Aim of the task
All that is needed is every line of the listing below that has "ptrs".

Extracted data
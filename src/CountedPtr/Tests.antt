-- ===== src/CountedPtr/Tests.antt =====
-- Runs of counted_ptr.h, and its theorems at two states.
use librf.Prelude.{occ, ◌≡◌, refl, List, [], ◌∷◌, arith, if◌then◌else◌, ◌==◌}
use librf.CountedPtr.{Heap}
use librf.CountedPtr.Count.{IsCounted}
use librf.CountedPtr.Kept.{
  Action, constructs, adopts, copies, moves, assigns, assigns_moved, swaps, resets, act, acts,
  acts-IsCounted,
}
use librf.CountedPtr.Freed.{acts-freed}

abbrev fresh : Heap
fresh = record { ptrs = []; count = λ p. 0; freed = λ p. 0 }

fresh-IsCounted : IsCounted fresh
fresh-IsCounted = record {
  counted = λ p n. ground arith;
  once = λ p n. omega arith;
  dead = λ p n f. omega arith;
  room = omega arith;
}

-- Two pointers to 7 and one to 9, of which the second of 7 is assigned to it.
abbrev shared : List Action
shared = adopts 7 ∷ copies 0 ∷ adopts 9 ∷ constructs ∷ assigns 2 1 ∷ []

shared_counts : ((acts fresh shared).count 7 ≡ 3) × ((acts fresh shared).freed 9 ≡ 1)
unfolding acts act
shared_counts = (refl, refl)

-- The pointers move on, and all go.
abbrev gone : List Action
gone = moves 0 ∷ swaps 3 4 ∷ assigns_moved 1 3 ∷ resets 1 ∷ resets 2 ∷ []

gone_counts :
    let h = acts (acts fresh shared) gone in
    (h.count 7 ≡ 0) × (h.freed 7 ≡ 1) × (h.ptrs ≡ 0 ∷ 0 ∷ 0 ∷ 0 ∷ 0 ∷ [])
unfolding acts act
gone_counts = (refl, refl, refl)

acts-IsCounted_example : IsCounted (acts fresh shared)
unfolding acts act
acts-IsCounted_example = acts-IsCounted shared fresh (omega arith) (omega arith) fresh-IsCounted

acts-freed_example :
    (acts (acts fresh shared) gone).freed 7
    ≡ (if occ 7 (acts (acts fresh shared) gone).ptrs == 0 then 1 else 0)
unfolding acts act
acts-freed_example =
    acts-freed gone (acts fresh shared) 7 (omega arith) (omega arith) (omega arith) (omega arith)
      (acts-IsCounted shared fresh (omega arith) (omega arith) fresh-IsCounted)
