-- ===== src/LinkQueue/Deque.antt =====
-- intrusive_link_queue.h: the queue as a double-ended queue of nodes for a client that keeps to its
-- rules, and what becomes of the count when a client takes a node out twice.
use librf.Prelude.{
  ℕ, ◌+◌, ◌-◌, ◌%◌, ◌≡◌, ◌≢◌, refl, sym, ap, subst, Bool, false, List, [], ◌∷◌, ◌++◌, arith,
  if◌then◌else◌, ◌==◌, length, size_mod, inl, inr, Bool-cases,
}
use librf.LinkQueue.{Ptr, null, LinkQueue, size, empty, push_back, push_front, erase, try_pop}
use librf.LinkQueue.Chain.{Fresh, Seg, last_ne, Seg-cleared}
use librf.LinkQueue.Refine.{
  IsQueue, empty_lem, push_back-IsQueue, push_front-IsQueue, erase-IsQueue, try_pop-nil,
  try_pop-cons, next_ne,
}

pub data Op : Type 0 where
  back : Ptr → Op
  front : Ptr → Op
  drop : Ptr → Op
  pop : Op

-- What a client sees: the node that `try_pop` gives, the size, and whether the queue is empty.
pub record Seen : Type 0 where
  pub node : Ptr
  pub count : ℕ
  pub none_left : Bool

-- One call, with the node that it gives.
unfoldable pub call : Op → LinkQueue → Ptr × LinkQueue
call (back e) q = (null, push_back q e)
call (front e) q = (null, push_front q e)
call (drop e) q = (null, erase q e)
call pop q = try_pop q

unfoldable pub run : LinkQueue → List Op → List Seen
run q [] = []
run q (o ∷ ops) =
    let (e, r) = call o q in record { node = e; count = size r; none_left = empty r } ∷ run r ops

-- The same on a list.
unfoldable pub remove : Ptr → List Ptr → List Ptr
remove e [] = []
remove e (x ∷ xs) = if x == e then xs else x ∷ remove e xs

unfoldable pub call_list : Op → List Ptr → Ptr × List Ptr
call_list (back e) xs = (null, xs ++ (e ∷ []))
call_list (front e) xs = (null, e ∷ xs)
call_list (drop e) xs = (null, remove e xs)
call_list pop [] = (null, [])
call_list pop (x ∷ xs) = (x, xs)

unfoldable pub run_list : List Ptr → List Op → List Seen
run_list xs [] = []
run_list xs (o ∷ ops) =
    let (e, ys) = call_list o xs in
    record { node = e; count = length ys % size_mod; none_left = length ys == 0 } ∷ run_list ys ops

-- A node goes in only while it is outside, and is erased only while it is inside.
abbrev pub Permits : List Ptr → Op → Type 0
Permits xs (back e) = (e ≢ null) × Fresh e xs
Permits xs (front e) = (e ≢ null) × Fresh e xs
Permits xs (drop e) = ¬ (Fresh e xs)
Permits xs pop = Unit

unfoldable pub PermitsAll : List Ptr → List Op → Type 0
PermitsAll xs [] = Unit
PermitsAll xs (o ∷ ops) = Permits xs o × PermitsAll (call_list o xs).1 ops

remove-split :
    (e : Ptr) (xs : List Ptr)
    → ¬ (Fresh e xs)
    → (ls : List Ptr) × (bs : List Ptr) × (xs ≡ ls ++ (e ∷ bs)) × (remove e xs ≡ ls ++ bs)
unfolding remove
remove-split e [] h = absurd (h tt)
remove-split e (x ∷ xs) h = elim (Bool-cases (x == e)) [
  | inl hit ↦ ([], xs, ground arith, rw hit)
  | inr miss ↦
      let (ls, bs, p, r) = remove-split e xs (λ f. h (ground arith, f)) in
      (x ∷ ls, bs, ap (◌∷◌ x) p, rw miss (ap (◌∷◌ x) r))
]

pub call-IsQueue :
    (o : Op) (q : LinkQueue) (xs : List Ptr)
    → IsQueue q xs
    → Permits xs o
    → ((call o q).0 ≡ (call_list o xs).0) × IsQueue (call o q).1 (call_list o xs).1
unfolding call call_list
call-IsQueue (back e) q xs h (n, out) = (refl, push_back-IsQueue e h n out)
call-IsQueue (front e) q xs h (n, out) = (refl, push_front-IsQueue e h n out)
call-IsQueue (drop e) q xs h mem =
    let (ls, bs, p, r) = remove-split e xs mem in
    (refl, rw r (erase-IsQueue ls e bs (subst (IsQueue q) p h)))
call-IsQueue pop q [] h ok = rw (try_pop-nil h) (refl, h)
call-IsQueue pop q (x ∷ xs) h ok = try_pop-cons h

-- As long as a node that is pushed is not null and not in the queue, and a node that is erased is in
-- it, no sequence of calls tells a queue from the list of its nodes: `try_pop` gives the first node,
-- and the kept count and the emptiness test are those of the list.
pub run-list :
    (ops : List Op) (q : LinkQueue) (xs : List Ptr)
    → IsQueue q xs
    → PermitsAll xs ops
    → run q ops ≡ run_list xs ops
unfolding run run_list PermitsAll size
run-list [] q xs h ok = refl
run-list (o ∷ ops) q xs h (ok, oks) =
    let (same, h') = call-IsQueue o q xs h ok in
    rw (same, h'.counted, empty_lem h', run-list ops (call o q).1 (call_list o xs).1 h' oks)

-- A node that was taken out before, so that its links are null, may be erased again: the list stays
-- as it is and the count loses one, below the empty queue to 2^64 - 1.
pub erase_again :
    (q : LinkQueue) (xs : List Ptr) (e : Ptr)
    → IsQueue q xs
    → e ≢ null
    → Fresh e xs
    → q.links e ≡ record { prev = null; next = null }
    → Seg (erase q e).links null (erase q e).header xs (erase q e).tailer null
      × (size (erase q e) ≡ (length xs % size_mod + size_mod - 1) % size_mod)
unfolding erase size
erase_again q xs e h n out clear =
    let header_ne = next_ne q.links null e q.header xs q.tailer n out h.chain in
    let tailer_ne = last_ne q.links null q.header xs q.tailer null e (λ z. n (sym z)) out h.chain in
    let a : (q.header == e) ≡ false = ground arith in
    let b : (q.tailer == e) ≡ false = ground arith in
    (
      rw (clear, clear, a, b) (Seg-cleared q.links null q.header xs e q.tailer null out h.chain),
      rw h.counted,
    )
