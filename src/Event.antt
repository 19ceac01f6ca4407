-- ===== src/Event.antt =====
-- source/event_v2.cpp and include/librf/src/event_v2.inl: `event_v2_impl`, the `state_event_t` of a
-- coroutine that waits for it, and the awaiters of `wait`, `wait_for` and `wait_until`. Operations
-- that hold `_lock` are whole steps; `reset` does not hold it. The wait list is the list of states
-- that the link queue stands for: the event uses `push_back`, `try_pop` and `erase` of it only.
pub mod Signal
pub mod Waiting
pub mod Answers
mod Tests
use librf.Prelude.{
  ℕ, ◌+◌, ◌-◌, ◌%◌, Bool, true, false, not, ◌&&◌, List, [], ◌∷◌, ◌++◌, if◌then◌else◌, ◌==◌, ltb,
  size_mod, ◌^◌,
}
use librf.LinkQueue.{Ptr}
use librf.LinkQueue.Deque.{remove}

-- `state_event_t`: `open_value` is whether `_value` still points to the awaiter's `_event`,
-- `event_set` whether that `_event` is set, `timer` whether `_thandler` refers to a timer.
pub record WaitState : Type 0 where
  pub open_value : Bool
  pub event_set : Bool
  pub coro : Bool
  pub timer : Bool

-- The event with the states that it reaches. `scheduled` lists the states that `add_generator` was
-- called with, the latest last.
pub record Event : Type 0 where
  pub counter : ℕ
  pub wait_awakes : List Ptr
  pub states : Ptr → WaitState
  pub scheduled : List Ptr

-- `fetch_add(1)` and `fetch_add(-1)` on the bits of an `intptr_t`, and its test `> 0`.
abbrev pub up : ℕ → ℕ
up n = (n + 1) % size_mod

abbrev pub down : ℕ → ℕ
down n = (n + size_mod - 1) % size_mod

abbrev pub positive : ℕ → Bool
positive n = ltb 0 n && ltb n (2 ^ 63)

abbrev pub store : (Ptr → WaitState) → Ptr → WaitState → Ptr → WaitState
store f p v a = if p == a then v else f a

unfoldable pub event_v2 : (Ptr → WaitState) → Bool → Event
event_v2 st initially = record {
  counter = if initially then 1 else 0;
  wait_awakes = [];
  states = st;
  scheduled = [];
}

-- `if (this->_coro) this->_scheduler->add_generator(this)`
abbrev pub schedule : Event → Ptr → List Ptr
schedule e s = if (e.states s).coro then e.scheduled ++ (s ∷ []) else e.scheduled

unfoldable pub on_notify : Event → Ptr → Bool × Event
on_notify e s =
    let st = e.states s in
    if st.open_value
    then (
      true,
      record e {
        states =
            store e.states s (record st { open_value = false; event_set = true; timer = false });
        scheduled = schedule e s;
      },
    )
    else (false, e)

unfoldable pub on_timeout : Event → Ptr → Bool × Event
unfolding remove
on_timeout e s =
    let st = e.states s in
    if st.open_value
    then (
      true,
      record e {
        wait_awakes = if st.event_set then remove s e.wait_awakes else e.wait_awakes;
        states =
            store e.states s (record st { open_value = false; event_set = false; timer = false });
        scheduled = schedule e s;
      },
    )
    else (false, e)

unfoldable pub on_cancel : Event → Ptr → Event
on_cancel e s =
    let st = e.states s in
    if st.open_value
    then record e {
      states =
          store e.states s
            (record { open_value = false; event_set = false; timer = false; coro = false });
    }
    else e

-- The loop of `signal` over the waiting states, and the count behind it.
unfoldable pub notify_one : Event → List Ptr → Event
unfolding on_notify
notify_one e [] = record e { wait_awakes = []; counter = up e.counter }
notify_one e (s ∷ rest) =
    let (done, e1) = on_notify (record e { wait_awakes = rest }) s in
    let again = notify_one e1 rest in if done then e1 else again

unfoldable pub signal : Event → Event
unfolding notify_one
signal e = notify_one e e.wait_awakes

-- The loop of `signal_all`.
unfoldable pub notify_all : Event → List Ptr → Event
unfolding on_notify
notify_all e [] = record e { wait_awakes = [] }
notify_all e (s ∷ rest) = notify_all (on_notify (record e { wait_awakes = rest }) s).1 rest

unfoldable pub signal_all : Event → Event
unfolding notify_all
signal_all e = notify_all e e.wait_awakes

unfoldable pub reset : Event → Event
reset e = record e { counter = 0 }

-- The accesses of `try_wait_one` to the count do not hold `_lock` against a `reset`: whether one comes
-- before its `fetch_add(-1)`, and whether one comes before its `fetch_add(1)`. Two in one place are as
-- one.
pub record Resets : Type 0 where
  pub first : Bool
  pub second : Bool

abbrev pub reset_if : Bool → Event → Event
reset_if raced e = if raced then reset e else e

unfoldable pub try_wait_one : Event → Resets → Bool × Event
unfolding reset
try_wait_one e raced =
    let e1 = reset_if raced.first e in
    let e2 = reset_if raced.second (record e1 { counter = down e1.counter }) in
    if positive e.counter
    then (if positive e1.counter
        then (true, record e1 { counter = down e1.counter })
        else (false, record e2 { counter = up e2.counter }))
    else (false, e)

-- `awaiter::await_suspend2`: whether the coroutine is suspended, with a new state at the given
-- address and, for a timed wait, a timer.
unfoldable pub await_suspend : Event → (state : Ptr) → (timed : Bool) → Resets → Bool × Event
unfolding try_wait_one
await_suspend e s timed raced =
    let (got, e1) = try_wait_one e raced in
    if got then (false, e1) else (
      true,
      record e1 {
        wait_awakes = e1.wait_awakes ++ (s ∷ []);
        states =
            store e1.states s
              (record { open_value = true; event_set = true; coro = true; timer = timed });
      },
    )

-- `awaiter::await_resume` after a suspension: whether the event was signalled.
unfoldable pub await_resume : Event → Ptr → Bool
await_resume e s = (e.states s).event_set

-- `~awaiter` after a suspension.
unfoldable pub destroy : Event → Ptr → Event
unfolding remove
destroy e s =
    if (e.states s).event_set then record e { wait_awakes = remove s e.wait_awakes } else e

Answer
fresh = record { ptrs = []; count = λ p. 0; freed = λ p. 0 }
    (h.count 7 ≡ 0) × (h.freed 7 ≡ 1) × (h.ptrs ≡ 0 ∷ 0 ∷ 0 ∷ 0 ∷ 0 ∷ [])
    ≡ (if occ 7 (acts (acts fresh shared) gone).ptrs == 0 then 1 else 0)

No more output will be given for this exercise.